Marlin has over $7.5 billion invested in over 180 companies, and Abbyy will be one of its largest investments. The partnership could also help Abbyy leverage a wide network of Marlin partners.

This backing could fuel Abbyy’s efforts to become a leading vendor in the digital intelligence space. This market is evolving from several established fields, which include tools for intelligent document processing, process discovery, and process intelligence.

Digital intelligence is expected to enable customers to identify automation opportunities, rapidly implement them, and measure the results of these efforts.

Pivoting from documents to processes

This Marlin partnership is a major milestone in Abbyy’s pivot from a document-oriented, product-centric vendor to a major player in the larger market around IPA tools. When Persson took the helm in 2017, the company became known as “The OCR Company.”

“It soon became apparent that our core strengths in OCR and document understanding would become key requirements in the burgeoning markets for intelligent automation and digital transformation,” Persson said. This dramatically expanded the company’s total addressable market.

But the company also had to repurpose its core technology and product know-how to better fit this larger opportunity, Persson said. The company needed to take a cloud-first approach and provide connectivity across the various aspects of IPA. IDC estimates the global IPA market will reach $30.5 billion in 2024. IPA is a diverse market area that includes multiple capabilities around capturing process data, automating them, and then measuring the results.

This includes robotic process automation (RPA), enterprise content management (ECM), enterprise resources planning (ERP), and business process management (BPM).

Bringing intelligence to automation

“Despite being an important enabler of intelligent process automation, we didn’t know much about the processes themselves,” Persson admitted. To fill the gap, Abbyy in 2019 acquired TimelinePI, a leading process mining solution. Further, the company reorganized from a highly independent regional structure into a more consolidated global team.

According to Persson, the first step in any scalable automation initiative is figuring out what to automate by identifying what the company is already doing. That is accomplished using process mining and process analytics tools.

The second step involves automating these processes with tools like robotic process automation (RPA) or low-code development platforms.

In the third step, process analytics can help assess the actual performance and savings of these automations.

What Abbyy is calling digital intelligence combines elements of all these capabilities to improve the development of new automations. Content intelligence helps unlock the data from documents or other content to feed the automation process with valuable context. Process intelligence helps in mapping, analyzing, understanding, and monitoring processes.

As it evolves, the IPA space consists of different segments and vendors that are both cooperating and competing for different components.

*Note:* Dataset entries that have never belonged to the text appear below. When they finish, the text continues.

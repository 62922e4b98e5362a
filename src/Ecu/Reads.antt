-- ===== src/Ecu/Reads.antt =====
-- The server's answers to commands that read.
use vdiag_server.Handlers.DidMap.Lookup.{HasEntries}
use vdiag_server.Base.{
  ℕ, ◌+◌, ◌<◌, ◌≡◌, ◌∙◌, refl, sym, ap, some, List, [], ◌∷◌, take, drop, length-take, length-drop,
  inl, inr, arith,
}
use vdiag_server.Base.Ptr.{Ptr}
use vdiag_server.Can.{CanMessage, IsMessage, byte}
use vdiag_server.Config.{EcuConfig}
use vdiag_server.Os.{Os}
use vdiag_server.Os.Files.{View, IsRegular}
use vdiag_server.Uds.Interface.{Locals}
use vdiag_server.Handlers.Region.{IsRegion, region_size, region_addr}
use vdiag_server.Handlers.Std.{Machine}
use vdiag_server.Handlers.Std.Read.{read_by_address_lem}
use vdiag_server.Handlers.Std.Write.{with_files, memory_file}
use vdiag_server.Server.{zero_message}
use vdiag_server.Ecu.{Ecu, read_identifier, read_bytes, answer_command}
use vdiag_server.Ecu.Requests.{Asks, Stands, Answered}
use vdiag_server.Ecu.Promises.{payload-put_zero, put_zero-Fits, promised_read, promised_identifier}
use vdiag_server.Handlers.Std.ById.{
  IsMapped, named_did, with_globals, read_by_identifier_lem, read_unknown_identifier,
}

module _ (os : Os) (v : View os) (reg : IsRegular os v) (stale : Ptr → Ptr) (c : EcuConfig) where
  pub read_answered :
      (l : Locals) (req : CanMessage) (addr size : ℕ) (m : Machine os.State) (e e' : Ecu)
      (bytes : List ℕ)
      → c.memory.end_addr < 4294967296
      → IsMessage req
      → Stands os v c m e
      → Asks req (read_bytes addr size)
      → answer_command c (read_bytes addr size) e ≡ some (bytes, e')
      → Answered os v stale c l req m bytes e'
  read_answered l req addr size m e e' bytes small msg w (sid, has) said =
      let (above, below, room, some_byte, few, spare, found, same_session, same_memory, after) =
        promised_read c addr size e e' bytes said in
      let at_addr = has.at_addr in
      let of_size = has.of_size in
      let con : v.content m.globals.fs (memory_file m) ≡ some e.memory = rw w.config w.memory in
      let region : IsRegion m.uds req = record {
        addr_some = has.addr_some;
        addr_fits = has.addr_fits;
        size_some = has.size_some;
        size_fits = has.size_fits;
        complete = has.complete;
        above = rw (w.config, at_addr) above;
        below = rw (w.config, at_addr, of_size) below;
      } in
      let (t, ran, left) =
        read_by_address_lem os v reg stale l m req zero_message e.memory msg sid region
          (rw w.config small) (rw of_size some_byte) (rw of_size few) con (omega (arith, w.spare))
          (rw (at_addr, of_size) room) in
      (
        _,
        _,
        with_files m t,
        ran,
        (let len = length-take size (drop addr e.memory) in
            let len2 = length-drop addr e.memory in
            rw (at_addr, of_size, found)
              (payload-put_zero (0x63 ∷ take size (drop addr e.memory)) (1 + size) (omega arith)
                (omega arith))),
        put_zero-Fits (0x63 ∷ take (region_size req) (drop (region_addr req) e.memory))
            (1 + region_size req) (omega (arith, of_size)),
        record {
          config = w.config;
          session = w.session ∙ sym same_session;
          memory = left.content c.memory.file_path ∙ w.memory ∙ ap (λ r. some r) (sym same_memory);
          spare = omega (arith, left.spare, w.spare, after);
        },
      )

  pub identifier_answered :
      (l : Locals) (req : CanMessage) (hi lo : ℕ) (m : Machine os.State) (e e' : Ecu)
      (bytes : List ℕ)
      → c.memory.end_addr < 4294967296
      → HasEntries c
      → IsMessage req
      → Stands os v c m e
      → Asks req (read_identifier hi lo)
      → answer_command c (read_identifier hi lo) e ≡ some (bytes, e')
      → Answered os v stale c l req m bytes e'
  identifier_answered l req hi lo m e e' bytes small counted msg w (sid, long, is_hi, is_lo) said =
      elim (promised_identifier c hi lo e e' bytes said) [
        | inl (missing, reply, same) ↦
            let (table, ran) =
              read_unknown_identifier os v reg stale l m req zero_message msg long sid
                (rw w.config counted) (rw (w.config, is_hi, is_lo) missing) in
            (
              _,
              _,
              with_globals m m.globals.fs table,
              ran,
              payload-put_zero (0x7f ∷ 0x22 ∷ 0x31 ∷ []) 3 refl (omega arith) ∙ sym reply,
              put_zero-Fits (0x7f ∷ 0x22 ∷ 0x31 ∷ []) 3 (omega arith),
              rw same (record {
                config = w.config;
                session = w.session;
                memory = w.memory;
                spare = w.spare;
              }),
            )
        | inr (d, entry, p) ↦
            let con : v.content m.globals.fs (memory_file m) ≡ some e.memory =
              rw w.config w.memory in
            let mapped : IsMapped m.uds.ecucfg (named_did req) d = record {
              counted = rw w.config counted;
              entry = rw (w.config, is_hi, is_lo) entry;
              above = rw w.config p.above;
              below = rw w.config p.below;
            } in
            let (t, table, ran, left) =
              read_by_identifier_lem os v reg stale l m req zero_message d e.memory msg long sid
                mapped (rw w.config small) p.some_byte (omega (arith, p.few)) con
                (omega (arith, p.spare, w.spare)) p.room in
            let len = length-take d.size (drop d.address e.memory) in
            let len2 = length-drop d.address e.memory in
            (
              _,
              _,
              with_globals m t table,
              ran,
              rw (is_hi, is_lo, p.found)
                  (payload-put_zero (0x62 ∷ hi ∷ lo ∷ take d.size (drop d.address e.memory))
                    (3 + d.size) (omega (arith, p.room)) (omega (arith, p.few))),
              put_zero-Fits (0x62 ∷ byte req 1 ∷ byte req 2 ∷ take d.size (drop d.address e.memory))
                  (3 + d.size) (omega (arith, p.few)),
              record {
                config = w.config;
                session = w.session ∙ sym p.same_session;
                memory =
                    left.content c.memory.file_path
                    ∙ w.memory
                    ∙ ap (λ r. some r) (sym p.same_memory);
                spare = omega (arith, left.spare, w.spare, p.after);
              },
            )
      ]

As a result, “the lines between these segments are blurred and will continue to be so,” Persson said.

Abbyy has set the goal to focus on providing a platform- and vendor-agnostic provision of digital intelligence, which is why it is partnering with many different vendors.

“We believe this is of tremendous value to the customers who may have two to three or more different platforms that either overlap or serve different needs in their automation strategy,” Persson said.